The monarch butterfly is one of the most familiar North American butterflies and is considered an iconic pollinator species. Its wings feature an easily recognizable black, orange and white pattern. The viceroy butterfly is similar in color and pattern, but is markedly smaller and has an extra black stripe across each hind wing.
The eastern North American monarch population is notable for its annual southward late-summer/autumn migration from the United States and southern Canada to Mexico. During the fall migration, monarchs cover thousands of miles, with a corresponding multigenerational return north. The western North American population of monarchs west of the Rocky Mountains often migrates to sites in California, but they have been found in overwintering Mexican sites as well.
Monarch butterflies are not able to survive the cold winters of most of the United States so they migrate south and west each autumn to escape the cold weather. Also, the larval food plants do not grow in their winter overwintering sites, so the spring generation must fly back north to places where the plants are plentiful.
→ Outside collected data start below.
-- ===== src/Poe/Tests.antt =====
-- Concrete runs of the proof of existence piece (wardrobe/poe/src/lib.rs).
use tuxedo.Base.{ℕ, ◌≡◌, refl, ok, arith, [], ◌∷◌, bytes_eq, for_each}
use tuxedo.DynamicTyping.{DynamicallyTypedData, extract, extract_or, into_dynamic}
use tuxedo.DynamicTyping.Laws.{extract-into_dynamic}
use tuxedo.Poe.{ClaimData, claim_data, check_dispute}
use tuxedo.Poe.Claims.{check_dispute_iff}
use tuxedo.Samples.Pieces.{claims}

abbrev claim_at : ℕ → ClaimData
claim_at height = record { claim = 77; effective_height = height }

abbrev datum : ℕ → DynamicallyTypedData
datum height = into_dynamic (claim_data claims) (claim_at height)

holds : (height : ℕ) → extract (claim_data claims) (datum height) ≡ ok (claim_at height)
holds height = extract-into_dynamic (claim_data claims) (claim_at height)

dispute_example : check_dispute claims [] (datum 9 ∷ []) (datum 5 ∷ []) [] ≡ ok 0
dispute_example = (check_dispute_iff claims [] (datum 9 ∷ []) (datum 5 ∷ []) [] 0).1 (
  refl,
  (
    datum 5,
    [],
    claim_at 5,
    claim_at 9 ∷ [],
    refl,
    refl,
    refl,
    holds 5,
    (holds 9, tt),
    ((refl, omega arith), tt),
  ),
)

-- The run that the next example starts from.
evicted : check_dispute claims [] (datum 9 ∷ []) (datum 5 ∷ []) [] ≡ ok 0
unfolding check_dispute for_each extract_or extract into_dynamic bytes_eq
evicted = refl
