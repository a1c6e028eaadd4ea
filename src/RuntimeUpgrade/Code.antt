-- ===== src/RuntimeUpgrade/Code.antt =====
-- The code in the storage and the reference to it (wardrobe/runtime_upgrade/src/lib.rs).
use tuxedo.Base.{
  ℕ, Bytes, ◌≡◌, ◌↔◌, refl, sym, ap, List, [], ◌∷◌, some, length, is_empty, is_empty_iff, ◌==◌,
  ==_iff, ok, expect, expect-eq-ok, >>=-eq-ok, ensure-eq-ok, ok_injective, bytes_eq_self,
}
use tuxedo.Codec.{Codec}
use tuxedo.Host.{StorageApi}
use tuxedo.DynamicTyping.{DynamicallyTypedData, datum_at, extract_or}
use tuxedo.DynamicTyping.Typed.{Typed, one-Typed, of_one-Typed}
use tuxedo.RuntimeUpgrade.{RuntimeRef, UpgradeError, runtime_data, code_key, check_upgrade}

module _ {S : Type 0} (storage : StorageApi S) (blake2_256 : Bytes → ℕ)
    (codec : Codec RuntimeRef) where
  -- The reference to the stored code is replaced by one to the new code, which is stored.
  abbrev pub IsUpgrade :
      S → S → Bytes → (inputs evicted outputs : List DynamicallyTypedData) → Type 0
  IsUpgrade s t full_wasm inputs evicted outputs =
      (consumed created : RuntimeRef) × (code : Bytes) × (evicted ≡ [])
      × Typed (runtime_data codec) inputs (consumed ∷ [])
      × (storage.get s code_key ≡ some code)
      × (consumed.hash ≡ blake2_256 code)
      × Typed (runtime_data codec) outputs (created ∷ [])
      × (created.hash ≡ blake2_256 full_wasm)
      × (t ≡ storage.set s code_key full_wasm)

  -- An upgrade is accepted exactly if nothing is evicted, the only input refers to the stored code
  -- and the only output to the new code; the priority is zero and the new code is then stored.
  pub check_upgrade_iff :
      (s t : S) (full_wasm : Bytes) (inputs evicted peeks outputs : List DynamicallyTypedData)
      (priority : ℕ)
      → (check_upgrade storage blake2_256 codec s
            (record { full_wasm = full_wasm })
            inputs
            evicted
            peeks
            outputs
          ≡ ok (priority, t))
        ↔ ((priority ≡ 0) × IsUpgrade s t full_wasm inputs evicted outputs)
  unfolding check_upgrade
  check_upgrade_iff s t full_wasm inputs evicted peeks outputs priority =
      let u = runtime_data codec in
      (
        λ h.
            let (e1, h1) = ensure-eq-ok (is_empty evicted) _ _ h in
            let (e2, h2) = ensure-eq-ok (length inputs == 1) _ _ h1 in
            let (d, e3, h3) = >>=-eq-ok (datum_at inputs 0) _ h2 in
            let (consumed, e4, h4) = >>=-eq-ok (extract_or u _ d) _ h3 in
            let (code, e5, h5) = >>=-eq-ok (expect (storage.get s code_key)) _ h4 in
            let (e6, h6) = ensure-eq-ok (consumed.hash == _) _ _ h5 in
            let (e7, h7) = ensure-eq-ok (length outputs == 1) _ _ h6 in
            let (a, e8, h8) = >>=-eq-ok (datum_at outputs 0) _ h7 in
            let (created, e9, h9) = >>=-eq-ok (extract_or u _ a) _ h8 in
            let (f1, k1) = ensure-eq-ok (created.hash == _) _ _ h9 in
            let result = ok_injective k1 in
            (
              sym (ap (λ r. r.0) result),
              (
                consumed,
                created,
                code,
                is_empty_iff _ e1,
                one-Typed u inputs _ d consumed e2 e3 e4,
                expect-eq-ok _ e5,
                (==_iff _ _).0 e6,
                one-Typed u outputs _ a created e7 e8 e9,
                (==_iff _ _).0 f1,
                sym (ap (λ r. r.1) result),
              ),
            ),
        λ (p, (consumed, created, code, e, i, stored, old, o, new, after)).
            let (d, e1, f1) = of_one-Typed u UpgradeError.badly_typed_input inputs consumed i in
            let (a, e2, f2) = of_one-Typed u UpgradeError.badly_typed_output outputs created o in
            rw (
              e,
              e1,
              f1,
              stored,
              (==_iff consumed.hash _).1 old,
              e2,
              f2,
              (==_iff created.hash _).1 new,
              p,
              after,
            ),
      )

  now_stored :
      (s t : S) (full_wasm : Bytes)
      → t ≡ storage.set s code_key full_wasm
      → storage.get t code_key ≡ some full_wasm
  now_stored s t full_wasm e =
      rw (e, storage.get-set s code_key full_wasm code_key, bytes_eq_self code_key)

  -- After an accepted upgrade its output can be consumed by an upgrade to any code whose only
  -- output refers to that code.
  check_upgrade-next :
      (s t : S) (full_wasm next_wasm : Bytes)
      (inputs evicted peeks outputs next_outputs : List DynamicallyTypedData) (priority : ℕ)
      (next : RuntimeRef)
      → check_upgrade storage blake2_256 codec s
          (record { full_wasm = full_wasm })
          inputs
          evicted
          peeks
          outputs
        ≡ ok (priority, t)
      → Typed (runtime_data codec) next_outputs (next ∷ [])
      → next.hash ≡ blake2_256 next_wasm
      → check_upgrade storage blake2_256 codec t
          (record { full_wasm = next_wasm })
          outputs
          []
          []
          next_outputs
        ≡ ok (0, storage.set t code_key next_wasm)
  check_upgrade-next s t full_wasm next_wasm inputs evicted peeks outputs next_outputs priority next
        h holds e =
      let (p, (consumed, created, code, e0, i, stored, old, o, new, after)) =
        (check_upgrade_iff s t full_wasm inputs evicted peeks outputs priority).0 h in
      (check_upgrade_iff t _ next_wasm outputs [] [] next_outputs 0).1 (
        refl,
        (created, next, full_wasm, refl, o, now_stored s t full_wasm after, new, holds, e, refl),
      )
The monarch migration usually starts in October, but can start earlier if the weather turns cold sooner than expected.
The monarch butterflies will spend their winter hibernation in Mexico and some parts of Southern California where it is warm all year long. If the monarch lives east of the Rocky Mountains, it will usually migrate to Mexico and hibernate in oyamel fir trees (photo courtesy U.S. Fish and Wildlife Service). If the monarch butterfly lives west of the Rocky Mountains, then it usually hibernates in and around Pacific Grove, Calif., in eucalyptus trees.
Monarch butterflies use the very same trees each and every year when they migrate, which seems odd because they aren’t the same butterflies that were there last year. Monarch butterflies are the only insect that migrates to a warmer climate that is 2,500 miles away each year.